And for those who find Kasper’s proposals appalling and who still long for the days of the Rottweiler of Orthodoxy, let us note in passing here that the cardinal bases his arguments on the work of Ratzinger himself.
II. Analysis and Consequences
Even to many souls with only a limited understanding of the traditional Catholic doctrine on divorce and remarriage, Kasper ideas will seem extremely fishy: You’re “subjectively convinced” that your first Church marriage was invalid, and all you need is a priest’s say-so before marrying again? Spiritual communion is equivalent to sacramental communion? Receiving communion while still in an adulterous relationship is OK? The early Church permitted this?

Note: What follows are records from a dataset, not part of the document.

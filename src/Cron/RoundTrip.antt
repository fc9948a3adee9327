-- ===== src/Cron/RoundTrip.antt =====
-- The store file, as `_save_store` writes and `_load_store` reads it.
use eeebot_self_evolving.Prelude.{
  ℕ, suc, ◌≤◌, ◌<◌, ◌≡◌, refl, sym, ap, ◌∙◌, Option, none, some, List, [], ◌∷◌, map, arith, or_else,
  All, All-imp, Option-cases, inl, inr,
}
use eeebot_self_evolving.Prelude.Effects.{ok}
use eeebot_self_evolving.Cron.Types.{CronRunRecord, CronJob}
use eeebot_self_evolving.Cron.World.{World}
use eeebot_self_evolving.Cron.Doc.{each, encode_run, decode_run, decode_job, encode_job}
use eeebot_self_evolving.Cron.Store.{
  Service, jobs_of, with_object, allocate, read_jobs, cached, load_store, save_store,
}

each-map {ℓ κ} :
    {A : Type ℓ} {B : Type κ} (f : B → Option A) (g : A → B)
    → ((a : A) → f (g a) ≡ some a)
    → (xs : List A) → each f (map g xs) ≡ some xs
each-map f g h [] = refl
each-map f g h (x ∷ xs) = rw (h x, each-map f g h xs)

decode_run-encode_run : (r : CronRunRecord) → decode_run (encode_run r) ≡ some r
unfolding decode_run encode_run
decode_run-encode_run r = refl

-- Decoding the document of a job gives the job.
pub decode_job-encode_job : (j : CronJob) → decode_job (encode_job j) ≡ some j
unfolding decode_job encode_job
decode_job-encode_job j =
    rw (each-map decode_run encode_run decode_run-encode_run j.state.run_history)

-- Allocation gives fresh references, keeps the older objects, and stores the jobs.
pub allocate-heap_old :
    (js : List CronJob) (s : Service) (q : ℕ) → q < s.next_ref → (allocate js s).1.heap q ≡ s.heap q
unfolding allocate
allocate-heap_old [] s q h = refl
allocate-heap_old (j ∷ js) s q h = ground (arith, allocate-heap_old js (with_object j s) q)

pub allocate-fresh : (js : List CronJob) (s : Service) → All (λ r. s.next_ref ≤ r) (allocate js s).0
unfolding allocate
allocate-fresh [] s = tt
allocate-fresh (j ∷ js) s = (
  omega arith,
  All-imp (λ r. suc s.next_ref ≤ r) (λ r. s.next_ref ≤ r) _ (λ r h. omega arith)
      (allocate-fresh js (with_object j s)),
)

allocate-heap_new :
    (j : CronJob) (js : List CronJob) (s : Service)
    → (allocate js (with_object j s)).1.heap s.next_ref ≡ j
allocate-heap_new j js s = ground (arith, allocate-heap_old js (with_object j s) s.next_ref)

pub map-allocate :
    (js : List CronJob) (s : Service) → map (allocate js s).1.heap (allocate js s).0 ≡ js
unfolding allocate
map-allocate [] s = refl
map-allocate (j ∷ js) s = cc (allocate-heap_new j js s, map-allocate js (with_object j s))

-- A new process on the same store file.
abbrev pub restarted : Service → Service
restarted s = record s { store = none }

pub jobs_of-load_store :
    (s : Service) → cached s ≡ none → jobs_of (load_store s).1 ≡ read_jobs s.file
unfolding load_store
jobs_of-load_store s h = rw (h, load_store) (map-allocate (read_jobs s.file) s)

pub read_jobs-save_store :
    (w : World) (s : Service) (refs : List ℕ)
    → s.store ≡ some refs
    → read_jobs (save_store w s).1.file ≡ map s.heap refs
unfolding save_store read_jobs
read_jobs-save_store w s refs h =
    rw (h, save_store)
      (rw (each-map decode_job encode_job decode_job-encode_job (map s.heap refs)) refl)

-- After a save, a new process loads exactly the jobs that were saved, in their order.
pub load_store-save_store :
    (w : World) (s : Service) {refs : List ℕ}
    → s.store ≡ some refs
    → jobs_of (load_store (restarted (save_store w s).1)).1 ≡ jobs_of s
unfolding cached
load_store-save_store w s {refs} h =
    jobs_of-load_store (restarted (save_store w s).1) refl
    ∙ read_jobs-save_store w s refs h
    ∙ sym (ap (λ o. map s.heap (or_else o [])) h)

-- What `_load_store` returns is what the store then holds.
pub load_store_inv :
    (s : Service)
    → (refs : List ℕ) × (load_store s ≡ (ok refs, (load_store s).1))
      × ((load_store s).1.store ≡ some refs)
unfolding load_store
load_store_inv s = elim (Option-cases (cached s)) [
  | inl e ↦ rw (e, load_store) ((allocate (read_jobs s.file) s).0, refl, refl)
  | inr (refs, e) ↦ rw (e, load_store) (refs, refl, refl)
]
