-- ===== src/Cron/Runs.antt =====
-- `_compute_next_run` and what one run of `_execute_job` leaves in its job.
use mathlib.Core.Path.{subst}
use eeebot_self_evolving.Prelude.{
  ℕ, zero, suc, ◌-◌, ◌≤◌, ◌≡◌, refl, sym, ap, ◌∙◌, true, false, ◌⊎◌, inl, inr, Option, none, some,
  String, List, [], ◌∷◌, ◌++◌, arith, Bool-cases, Option-cases, length, All, str_eq,
  length-last_items-le, length-append, drop, last_items, or_else, truthy, not, keep-All,
}
use eeebot_self_evolving.Prelude.Int.{ℤ, ◌<ℤ◌, +ℤ_parts}
use eeebot_self_evolving.Prelude.Effects.{Result, ok, bind_inv}
use eeebot_self_evolving.Cron.Types.{CronJob, CronSchedule, CronRunRecord, ScheduleKind}
use eeebot_self_evolving.Cron.World.{World}
use eeebot_self_evolving.Cron.Store.{Service, Cron, update}
use eeebot_self_evolving.Cron.Timer.{
  max_run_history, compute_next_run, at_after, every_after, cron_after, filled, is_due, run_record,
  record_run, reschedule, reschedule_kind, finish_job, await_job, execute_job, with_next_run,
  drop_id,
}

-- croniter's documented behaviour: `get_next` lies behind its base.
abbrev pub IsForward : World → Type 0
IsForward w =
    (expr : String) (tz : Option String) (now next : ℤ)
    → w.cron_next expr tz now ≡ some next
    → now <ℤ next

cron_later :
    (w : World) (expr tz : Option String) (now next : ℤ)
    → IsForward w
    → cron_after w expr tz now ≡ some next
    → now <ℤ next
unfolding cron_after
cron_later w none tz now next forward h = cc
cron_later w (some expr) tz now next forward h = elim (Bool-cases (truthy (some expr))) [
  | inl e ↦ forward expr (filled tz) now next (rw e at h)
  | inr e ↦ let h' : none ≡ some next = rw e at h in cc
]

at_later : (at : Option ℤ) (now next : ℤ) → at_after at now ≡ some next → now <ℤ next
unfolding at_after
at_later none now next h = cc
at_later (some t) now next h = ground arith

every_later : (every : Option ℤ) (now next : ℤ) → every_after every now ≡ some next → now <ℤ next
unfolding every_after
every_later none now next h = cc
every_later (some step) now next h = ground (arith, +ℤ_parts now step)

-- When croniter answers with a time after the one it is asked from, a computed next run, of any
-- kind of schedule, is later than the time that it is computed at.
pub compute_next_run_later :
    (w : World) (schedule : CronSchedule) (now next : ℤ)
    → IsForward w
    → compute_next_run w schedule now ≡ some next
    → now <ℤ next
unfolding compute_next_run
compute_next_run_later w schedule now next forward h = ground (
  arith,
  at_later schedule.at_ms now next,
  every_later schedule.every_ms now next,
  cron_later w schedule.expr schedule.tz now next forward,
)

is_due_next :
    (w : World) (j : CronJob) (now : ℤ)
    → IsForward w
    → is_due now (with_next_run j (compute_next_run w j.schedule now)) ≡ false
is_due_next w j now forward = elim (Option-cases (compute_next_run w j.schedule now)) [
  | inl e ↦ rw e refl
  | inr (t, e) ↦ rw e (ground (arith, compute_next_run_later w j.schedule now t forward))
]

-- The job `r` is not due at the last reading of the clock, or no job in the store has its id.
abbrev pub IsDone : World → ℕ → Service → Type 0
IsDone w r s =
    (is_due (w.now_ms (s.reads - 1)) (s.heap r) ≡ false)
    ⊎ All (λ q. not (str_eq (s.heap q).id (s.heap r).id) ≡ true) (or_else s.store [])

update_self : (heap : ℕ → CronJob) (r : ℕ) (j : CronJob) → update heap r j r ≡ j
update_self heap r j = ground arith

module _ (w : World) (r : ℕ) where
  -- The service when `_execute_job` has recorded the run.
  abbrev pub recorded : ℤ → Option String → Service → Service
  recorded start error s = record s {
    reads = suc s.reads;
    heap = update s.heap r (record_run start (w.now_ms s.reads) error (s.heap r));
  }

  history-reschedule :
      (s : Service) → ((reschedule w r s).1.heap r).state.run_history ≡ (s.heap r).state.run_history
  unfolding reschedule drop_id
  history-reschedule s = ground arith

  history-finish_job :
      (start : ℤ) (error : Option String) (s : Service)
      → ((finish_job w r start error s).1.heap r).state.run_history
        ≡ (record_run start (w.now_ms s.reads) error (s.heap r)).state.run_history
  unfolding finish_job
  history-finish_job start error s =
      history-reschedule (recorded start error s)
      ∙ ap (λ (j : CronJob). j.state.run_history)
          (update_self s.heap r (record_run start (w.now_ms s.reads) error (s.heap r)))

  drop_id-All :
      (id : String) (s : Service)
      → All
          (λ q. not (str_eq ((drop_id id s).1.heap q).id id) ≡ true)
          (or_else (drop_id id s).1.store [])
  unfolding drop_id
  drop_id-All id s = elim (Option-cases s.store) [
    | inl e ↦ rw (e, drop_id) (rw e tt)
    | inr (refs, e) ↦ rw (e, drop_id) (keep-All (λ q. not (str_eq (s.heap q).id id)) refs)
  ]

  heap-drop_id : (id : String) (s : Service) → (drop_id id s).1.heap ≡ s.heap
  unfolding drop_id
  heap-drop_id id s = ground arith

  deleted :
      (s : Service)
      → All
          (λ q.
            not (
              str_eq
                ((drop_id (s.heap r).id s).1.heap q).id
                ((drop_id (s.heap r).id s).1.heap r).id)
            ≡ true)
          (or_else (drop_id (s.heap r).id s).1.store [])
  deleted s =
      let s' = (drop_id (s.heap r).id s).1 in
      let p = ap (λ (h : ℕ → CronJob). (h r).id) (heap-drop_id (s.heap r).id s) in
      subst (λ id. All (λ q. not (str_eq (s'.heap q).id id) ≡ true) (or_else s'.store [])) (sym p)
        (drop_id-All (s.heap r).id s)

  next_not_due :
      (s : Service)
      → IsForward w
      → is_due (w.now_ms (suc s.reads - 1)) (
          update s.heap r
            (with_next_run (s.heap r) (compute_next_run w (s.heap r).schedule (w.now_ms s.reads)))
            r)
        ≡ false
  next_not_due s forward =
      let p : suc s.reads - 1 ≡ s.reads = omega arith in
      rw (update_self s.heap r _, p) (is_due_next w (s.heap r) (w.now_ms s.reads) forward)

  reschedule-IsDone :
      (kind : ScheduleKind) (s : Service) → IsForward w → IsDone w r (reschedule_kind w kind r s).1
  unfolding reschedule_kind
  reschedule-IsDone ScheduleKind.at s forward = elim (Bool-cases (s.heap r).delete_after_run) [
    | inl e ↦ rw e (inr (deleted s))
    | inr e ↦ rw e (inl (ground arith))
  ]
  reschedule-IsDone ScheduleKind.every s forward = inl (next_not_due s forward)
  reschedule-IsDone ScheduleKind.cron s forward = inl (next_not_due s forward)

-- What was awaited, and that the rest is `finish_job`.
pub execute_job_inv :
    (w : World) (on_job : Option (ℕ → Cron Unit)) (r : ℕ) (s : Service)
    → (execute_job w on_job r s).0 ≡ ok tt
    → (error : Option String) × (m : Service) × (await_job on_job r
          (record s { reads = suc s.reads })
        ≡ (ok error, m))
      × (execute_job w on_job r s ≡ finish_job w r (w.now_ms s.reads) error m)
unfolding execute_job
execute_job_inv w on_job r s h =
    bind_inv (await_job on_job r) (finish_job w r (w.now_ms s.reads))
      (record s { reads = suc s.reads }) h

-- When croniter answers with a time after the one it is asked from, a run that returns, its callback
-- having returned or raised an exception and done whatever it may to the service, ends with a job that is not due at the last clock reading, or whose id is gone from the store.
pub execute_job-IsDone :
    (w : World) (on_job : Option (ℕ → Cron Unit)) (r : ℕ) (s : Service)
    → IsForward w
    → (execute_job w on_job r s).0 ≡ ok tt
    → IsDone w r (execute_job w on_job r s).1
unfolding finish_job reschedule
execute_job-IsDone w on_job r s forward h =
    let (error, m, _, same) = execute_job_inv w on_job r s h in
    subst (λ (p : Result Unit × Service). IsDone w r p.1) (sym same)
      (reschedule-IsDone w r _ (recorded w r (w.now_ms s.reads) error m) forward)

-- The newest record of a history, and how long the history is.
pub last_run : List CronRunRecord → Option CronRunRecord
last_run [] = none
last_run (x ∷ []) = some x
last_run (x ∷ y ∷ xs) = last_run (y ∷ xs)

last_run_snoc : (xs : List CronRunRecord) (x : CronRunRecord) → last_run (xs ++ x ∷ []) ≡ some x
unfolding last_run
last_run_snoc [] x = refl
last_run_snoc (y ∷ []) x = refl
last_run_snoc (y ∷ z ∷ xs) x = last_run_snoc (z ∷ xs) x

drop_snoc {ℓ} :
    {A : Type ℓ} (n : ℕ) (xs : List A) (x : A)
    → n ≤ length xs
    → drop n (xs ++ x ∷ []) ≡ drop n xs ++ x ∷ []
drop_snoc zero xs x h = refl
drop_snoc (suc n) [] x h = absurd (omega arith)
drop_snoc (suc n) (y ∷ xs) x h = drop_snoc n xs x (omega arith)

last_run-last_items :
    (n : ℕ) (xs : List CronRunRecord) (x : CronRunRecord)
    → last_run (last_items (suc n) (xs ++ x ∷ [])) ≡ some x
last_run-last_items n xs x =
    let k = length (xs ++ x ∷ []) - suc n in
    let fits : k ≤ length xs = omega (arith, length-append xs (x ∷ [])) in
    rw (drop_snoc k xs x fits) (last_run_snoc (drop k xs) x)

-- The newest record of the history is of a run that began at `start`, and the history is bounded.
abbrev pub IsRecent : ℤ → List CronRunRecord → Type 0
IsRecent start history =
    (run : CronRunRecord) × (last_run history ≡ some run)
    × (run.run_at_ms ≡ start)
    × (length history ≤ max_run_history)

record_run-IsRecent :
    (start end : ℤ) (error : Option String) (j : CronJob)
    → IsRecent start (record_run start end error j).state.run_history
unfolding record_run
record_run-IsRecent start end error j =
    let run = run_record start end error in
    (
      run,
      last_run-last_items 19 j.state.run_history run,
      refl,
      length-last_items-le 19 (j.state.run_history ++ run ∷ []),
    )

-- After a run that returns, the newest record of the job's history is of this run, started when
-- the run began, and the history holds at most twenty records, however long it was before.
pub execute_job-history :
    (w : World) (on_job : Option (ℕ → Cron Unit)) (r : ℕ) (s : Service)
    → (execute_job w on_job r s).0 ≡ ok tt
    → IsRecent (w.now_ms s.reads) ((execute_job w on_job r s).1.heap r).state.run_history
execute_job-history w on_job r s h =
    let (error, m, _, same) = execute_job_inv w on_job r s h in
    subst
      (λ (p : Result Unit × Service). IsRecent (w.now_ms s.reads) (p.1.heap r).state.run_history)
      (sym same)
      (subst (IsRecent (w.now_ms s.reads)) (sym (history-finish_job w r (w.now_ms s.reads) error m))
        (record_run-IsRecent (w.now_ms s.reads) (w.now_ms m.reads) error (m.heap r)))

But Kasper’s address will have enormous consequences, so we must look at it a bit more closely. And to aid us in our analysis, we are very fortunate to have Professor Roberto de Mattei’s extensive critique, also published in Il Foglio, and then promptly posted in an English translation on Rorate Caeli.
1. A Slap in the Face to the Virtuous and the Suffering. In my priestly life, I have known many men and women whose marriages in the Church ended in bitter conflict and civil divorce, but who despite tears, suffering and human loneliness, remained resolutely faithful to the vows they had pronounced before God, even though their spouses did not. They knew what their obligations were and made every effort to sanctify themselves in order to live up to God’s law. I have also known Catholic couples who contracted an invalid second marriage from which they could not depart due to children, old age or poverty, but who, in order to return to the sacraments, vowed before God to live henceforth as brother and sister. Kasper’s proposals are a slap in the face to souls like these who struggled mightily and long to observe the divine law whatever the cost, and who, unlike the cardinal and his master, Bergoglio, took God’s law seriously enough to suffer for it.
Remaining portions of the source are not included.